Lincoln's current could be a beam of positrons in a vacuum. Are you allowing the ammeter to move with Lincoln's current when it jumps to the current frame?

Of course, the above videos would have to be redone to address such a current. That would be an interesting project! I'm scheduled to model magnetism from pure current in my own video series this Sept. (it's currently doing quantum spin, which is related). It's not for the faint-hearted, but if you click subscribe, you won't miss it.

[DJ_Juggernaut]

Lincoln's current could be a beam of positrons in a vacuum.

A beam of charges in the context of what? A magnet? Or a magnetic field? That would make sense. In the context of a vacuum that beam is meaningless. Recall that this thread is about Lorentz force. There must be three things:

1) A magnetic field B,
2) a charged particle q and
3) a relative velocity v between B and q that is greater than zero.

Then you get a force F = q v B from the magnetic field frame.
And you get a force F = B v q from the particle frame. Pure and simple.

[DJ_Juggernaut]

Of course, the above videos would have to be redone to address such a current.

Those videos are way off. They must start with the Biot Savart law. The laws of physics are the same in all frames. They must keep those field lines in both frames and then the Lorentz force is: qvB for all frames.

[Faradave]

Recall that this thread is about Lorentz force. There must be three things:

Agreed. If velocity is zero there's only electric force.

A beam of charges in the context of what? ... In the context of a vacuum that beam is meaningless.

For simplicity. Imagine all the positrons in a row with velocity v through a perpendicular unit surface establishing constant one ampere of current. According to the right hand rule, there should be a circular magnetic field produced.

"The Biot–Savart law is used for computing the resultant magnetic field B at position r in 3D-space generated by a steady current I (for example due to a wire). A steady (or stationary) current is a continual flow of charges which does not change with time and the charge neither accumulates nor depletes at any point."

[DJ_Juggernaut]

Recall that this thread is about Lorentz force. There must be three things:

Agreed. If velocity is zero there's only electric force.

Yes, but this qE (electric force) is too small and can be ignored, I think. And is not even considered in an electric motor for eg. The Lorentz force is just F = BIL, where B is the magnetic field, I the current, and L the length of the wire.

And I am not sure what E stands for in qE. Wikipedia defines E here. It looks like Coulomb's law. My guess is, the electrons in a magnet exert a force on q. It must be too small to consider it in a electric motor for eg. When the power is off, the electric motor remains stationary. Heh.

[Faradave]

...this qE (electric force) is too small and can be ignored, I think.

With wire perhaps, but not with the pure current (e.g. a positron beam).

E is the Electric field, the potential for force experienced per unit of test charge (q) at a location in the field.
qE is a force as you note.

[DJ_Juggernaut]

...this qE (electric force) is too small and can be ignored, I think.

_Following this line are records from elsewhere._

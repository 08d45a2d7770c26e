-- ===== src/Client/Transport/Posix.antt =====
-- PosixIO as a transport.
use distributed_logger.Base.{
  ℕ, ◌+◌, ◌≤◌, ◌<◌, ◌≡◌, refl, ap, ◌⊎◌, inl, inr, true, Option, some, arith, mod64,
}
use distributed_logger.Client.PosixBuffer.{PosixBuffer, IsValid, get_capacity, get_read_offset}
use distributed_logger.Client.PosixBuffer.Contract.{posix_buffer}
use distributed_logger.Client.PosixIo.State.{
  PosixIo, Reply, Run, done, exits, fault, is_plain, minus_one, set_queue_max_size,
}
use distributed_logger.Client.PosixIo.Connection.{connection_graceful_shutdown}
use distributed_logger.Client.PosixIo.Send.{send}
use distributed_logger.Client.PosixIo.Pending.{IsGood, Ends}
use distributed_logger.Client.PosixIo.Accept
use distributed_logger.Client.PosixIo.Accept.{IsFresh, frame}
use distributed_logger.Client.PosixIo.History.{length-frame}
use distributed_logger.Client.Transport.{Counters, Iio, Sends}

abbrev pub counters : PosixIo → Counters
counters io = record {
  limit = io.queue_max_size;
  queue_size = io.queue_size;
  posted = io.log_posted_cnt;
  dropped = io.log_dropped_cnt;
  sent = io.log_sent_cnt;
}

-- What `write` may answer to a buffer of `size` bytes.
abbrev pub IsAllowed : ℕ → Reply → Type 0
IsAllowed size r = (r.ret ≤ size) ⊎ (r.ret ≡ minus_one)

pub limit_set :
    (n : ℕ) (io : PosixIo)
    → IsGood io
    → IsGood (set_queue_max_size n io) × ((counters (set_queue_max_size n io)).limit ≡ n)
unfolding set_queue_max_size
limit_set n io g =
    (record { pending = g.pending; counted = g.counted; in_range = g.in_range }, refl)

module _ (b : PosixBuffer) (io : PosixIo) (g : IsGood io) (f : IsFresh b) where
  ended :
      (o : Run (Option PosixBuffer × PosixIo))
      → Ends (is_plain io) (Accept.Sends b io) o
      → Ends
          (is_plain io)
          (λ r.
            IsGood r.1
            × (is_plain r.1 ≡ is_plain io)
            × (true ≡ true)
            × Sends true b.size (counters io) (counters r.1))
          o
  ended (done (back, io')) (inl (n0, over, same, eq)) = (
    rw eq (record { pending = g.pending; counted = g.counted; in_range = g.in_range }),
    ap is_plain eq,
    refl,
    (
      ap (λ (x : PosixIo). x.queue_max_size) eq,
      inl (
        n0,
        over,
        ap (λ (x : PosixIo). x.log_dropped_cnt) eq,
        ap (λ (x : PosixIo). x.log_posted_cnt) eq,
        ap (λ (x : PosixIo). x.queue_size) eq,
      ),
    ),
  )
  ended (done (back, io')) (inr (fits, same, t)) = (
    t.good,
    simp (t.cert, t.key),
    refl,
    (
      t.max_size,
      inr (inl (fits, t.posted, t.dropped, omega (arith, t.size_le, g.counted, length-frame b f))),
    ),
  )
  ended (exits n) h = h
  ended fault h = h

pub posix_send :
    (r : Reply) (b : PosixBuffer) (io : PosixIo)
    → IsGood io
    → IsValid b
    → get_read_offset b ≡ 0
    → 4 ≤ get_capacity b
    → get_capacity b < 2147483648
    → io.queue_size + get_capacity b < mod64
    → IsAllowed (get_capacity b) r
    → Ends
        (is_plain io)
        (λ x.
          IsGood x.1
          × (is_plain x.1 ≡ is_plain io)
          × (true ≡ true)
          × Sends true (get_capacity b) (counters io) (counters x.1))
        (send r b io)
unfolding get_capacity get_read_offset
posix_send r b io g v unread room small fits a =
    let f : IsFresh b = record {
      valid = v;
      unread = unread;
      room = room;
      below_2gb = omega (arith, small);
    } in
    ended b io g f (send r b io) (Accept.send_lem r b io g f fits (omega (arith, a, unread)))

abbrev pub posix_io : Iio posix_buffer
posix_io = record {
  State = PosixIo;
  Answer = Reply;
  send = send;
  set_queue_max_size = set_queue_max_size;
  counters = counters;
  connection_graceful_shutdown = λ io. some (connection_graceful_shutdown io);
  IsGood = IsGood;
  plain = is_plain;
  ready = λ io. true;
  IsAllowed = IsAllowed;
  limit_set = limit_set;
  send_lem = posix_send;
}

E is the Electric field, the potential for force experienced per unit of test charge (q) at a location in the field. qE is a force as you note.

I think the term qE assumes that a charged particle q is in the vicinity of an electric field, E, which is essentially another charged particle and therefore Coulomb's law applies. But if the charged particle q is not in the vicinity of another particle, then the term qE is zero as well. That means, q experiences no force.

But you could argue that any charged particle q is always in the presence of some electric field (no matter how faint) given that the electric field of any electron or proton extends to infinity. Or you could argue that any charged particle experiences gravity and therefore you could add that term too. But Lorentz force per se deals with B, v and q. The term qE (or gravity or any other various faint fields) can be and should be ignored.

Lorentz force is: F = qvB
Total Lorentz force is: F = qE + qvB.

Well, it's not quite total yet, cus there are other forces that you can add to the list and compute a resultant force on q.

[Faradave]

Re: Condensation

qE is zero as well. That means, q experiences no force.

qE is zero for a test charge (q) near a neutral particle or no particle (i.e. in an essentially zero E field).

The term qE (or gravity or any other various faint fields) can be and should be ignored.

Assuming a neutral metal wire with no current. The electrons balance the protons in number and density. But when a current is flowing (electrons flow relative to protons) then the density of the charges seen to be moving increases due to relativistic contraction of the distance between them. Whichever charges you view to be moving (electrons in one direction or protons in the other) will have an increased density relative to the non-moving charges. As per the videos, a nearby test charge responds to the imbalance in charge density accordingly. This brings qE back into the equation.

[DJ_Juggernaut]

Assuming a neutral metal wire with no current. The electrons balance the protons in number and density.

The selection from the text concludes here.